Pig butchering scams led to $3.6 billion in crypto losses in 2024, rising as essentially the most vital fraud scheme of the 12 months, in accordance with a report by web3 safety agency Cyvers.
The long-term fraud technique, the place victims are groomed over time to make substantial investments, outpaced different types of crypto scams in 2024. The report highlighted that $3.6 billion in stolen funds had been traced to the Ethereum (ETH) blockchain alone.
Pig butchering on the rise
Cyvers tracked over 150,000 addresses and 800,000 transactions linked to pig butchering scams, illustrating the dimensions of the issue. The report follows an FBI announcement that estimated $3.96 billion in losses from pig butchering schemes in 2023.
The report additionally emphasised scammers’ evolving sophistication, noting that many victims had been lured via courting apps and social media platforms. Scammers created faux profiles, constructed belief over weeks or months, and satisfied victims to spend money on fraudulent crypto platforms that appeared professional.
In response to the rise in pig butchering scams, Cyvers beneficial elevated consumer training, enhanced pockets safety measures, and stricter rules for crypto platforms. The agency additionally highlighted the significance of real-time monitoring and superior menace detection methods to mitigate potential losses.
Cyber threats and recoveries
Cyber threats elevated by 40% in 2024, leading to $2.3 billion in losses throughout 165 incidents.
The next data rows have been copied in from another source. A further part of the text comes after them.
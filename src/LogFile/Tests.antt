-- ===== src/LogFile/Tests.antt =====
-- The log file on a small host: runs, and instances of the theorems.
use telnet_serv.Prelude.{
  ap, sym, ℕ, ◌≡◌, refl, true, false, Option, none, some, List, [], ◌∷◌, arith, inl,
}
use telnet_serv.Text.{str_eq}
use telnet_serv.Terminal.{codes}
use telnet_serv.FixedBuffer.{memcpy}
use telnet_serv.LogFile.{
  has_slash, LogFile, ◌>>=◌, log_names, remove_before, cp_file_name, delete_expired_file,
  get_log_file_name, with_slash, use_file_path, open_rolled, roll_into, roll_file, new_log_file,
  check_period, after_append, append_unlocked, append,
}
use telnet_serv.LogFile.Dirs.{
  no_error, createdir_fail, to_slashes, behind_slash, make_one, make_dirs, make_path,
  end_with_slash, create_dir,
}
use telnet_serv.LogFile.Sample.{World, host, host-KeepsDirs, host-Opens, world}
use telnet_serv.LogFile.Make.{make_dirs_claims}
use telnet_serv.LogFile.Roll.{IsOpen}
use telnet_serv.LogFile.Total.{append_all, log_file_total}
use telnet_serv.LogFile.Size.{Within, append_bounds}

abbrev full_world : World
full_world = record world { room = false }

-- An open file of 5 bytes that is to be rolled above 6.
abbrev opened : LogFile host
opened = record {
  log_file_path = codes "/a";
  reserve_log_date = 3;
  basename = codes "m";
  roll_size = 6;
  flush_interval = 3;
  check_every_n = 2;
  count = 0;
  start_of_period = 0;
  last_roll = 0;
  last_flush = 0;
  file = some 5;
}

abbrev result : Option (LogFile host × World) → LogFile host × World
result none = (opened, world)
result (some p) = p

abbrev appended : LogFile host × World
unfolding append append_unlocked after_append check_period roll_file use_file_path roll_into
    open_rolled get_log_file_name with_slash delete_expired_file cp_file_name log_names
    remove_before create_dir memcpy end_with_slash to_slashes make_path behind_slash make_dirs
    make_one str_eq
appended = result (append host true (codes "hi") opened world)

new_empty :
    (name : List ℕ) (w : World) (file : ℕ) (w' : World)
    → host.open_file name w ≡ some (file, w')
    → host.written_bytes file ≡ 0
new_empty name w file w' e =
    ap (λ (o : Option (ℕ × World)). elim o [ none ↦ 0 | some p ↦ p.0 ]) (sym e)

-- The file had 7 bytes, and a new one is in use.
append_bounds_example : Within host new_empty 6 appended.0.file
unfolding append append_unlocked after_append check_period roll_file use_file_path roll_into
    open_rolled get_log_file_name with_slash delete_expired_file cp_file_name log_names
    remove_before create_dir memcpy end_with_slash to_slashes make_path behind_slash make_dirs
    make_one str_eq
append_bounds_example =
    append_bounds host new_empty true (codes "hi") opened appended.0 world appended.1
      (λ v. omega arith) refl

abbrev first : LogFile host × World
unfolding has_slash new_log_file roll_file use_file_path roll_into open_rolled get_log_file_name
    with_slash delete_expired_file cp_file_name log_names remove_before create_dir memcpy
    end_with_slash to_slashes make_path behind_slash make_dirs make_one str_eq
first = result (new_log_file host (codes "m") 6 (codes "/a") 3 2 3 world)

log_file_total_example :
    (f : LogFile host) × (w' : World) × ((new_log_file host (codes "m") 6 (codes "/a") 3 2 3 world
        >>= λ p. append_all host true (codes "hi" ∷ codes "ho" ∷ []) p.0 p.1)
      ≡ some (f, w'))
    × IsOpen host f
unfolding has_slash
log_file_total_example =
    log_file_total host host-KeepsDirs host-Opens (codes "m") 6 (codes "/a") 3 2 3 true
      (codes "hi" ∷ codes "ho" ∷ []) world (λ v. omega arith) refl
      (record { plain = omega arith; begins = inl refl; fits = omega arith })

-- The directory of the constructor was made.
first_dir : first.1.dirs ≡ codes "/a/" ∷ []
unfolding has_slash new_log_file roll_file use_file_path roll_into open_rolled get_log_file_name
    with_slash delete_expired_file cp_file_name log_names remove_before create_dir memcpy
    end_with_slash to_slashes make_path behind_slash make_dirs make_one str_eq
first_dir = refl

make_dirs_claims_example : true ≡ true
unfolding make_dirs make_one
make_dirs_claims_example =
    make_dirs_claims host (codes "/a/") (b'a' ∷ b'/' ∷ 0 ∷ []) 1 true no_error createdir_fail
      full_world full_world refl

-- Two days of logs, of which the older goes.
abbrev two_days : World
two_days = record world { dirs = codes "./" ∷ []; names = codes "m.4.log" ∷ codes "m.5.log" ∷ [] }

abbrev foreign : World
foreign = record world { dirs = codes "./" ∷ []; names = codes "apt.log" ∷ [] }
Regardless of the surge, general losses remained 37% decrease than in 2022.
Ethereum was the first goal for scammers, with entry management breaches driving $1.9 billion in losses throughout 67 incidents. Sensible contract exploits accounted for $456.8 million, whereas a single deal with poisoning incident resulted in $68.7 million in stolen funds.
Efforts to fight fraud recovered $1.3 billion this 12 months, because of on-chain investigators similar to ZachXBT and bug bounty packages.
The 12 months’s first quarter noticed the best variety of incidents, with 53 instances recorded. Nonetheless, the most important monetary losses occurred within the third quarter, totaling $760 million.
Vital incidents included a $305 million breach of DMM Trade because of a compromised non-public key, a $235 million hack concentrating on WazirX via a multi-signature pockets vulnerability, and $52 million in losses suffered by BingX after scorching pockets exploits.
The Cyvers report indicated that entry management incidents comprised 81% of the entire losses regardless of making up solely 41.6% of all reported instances.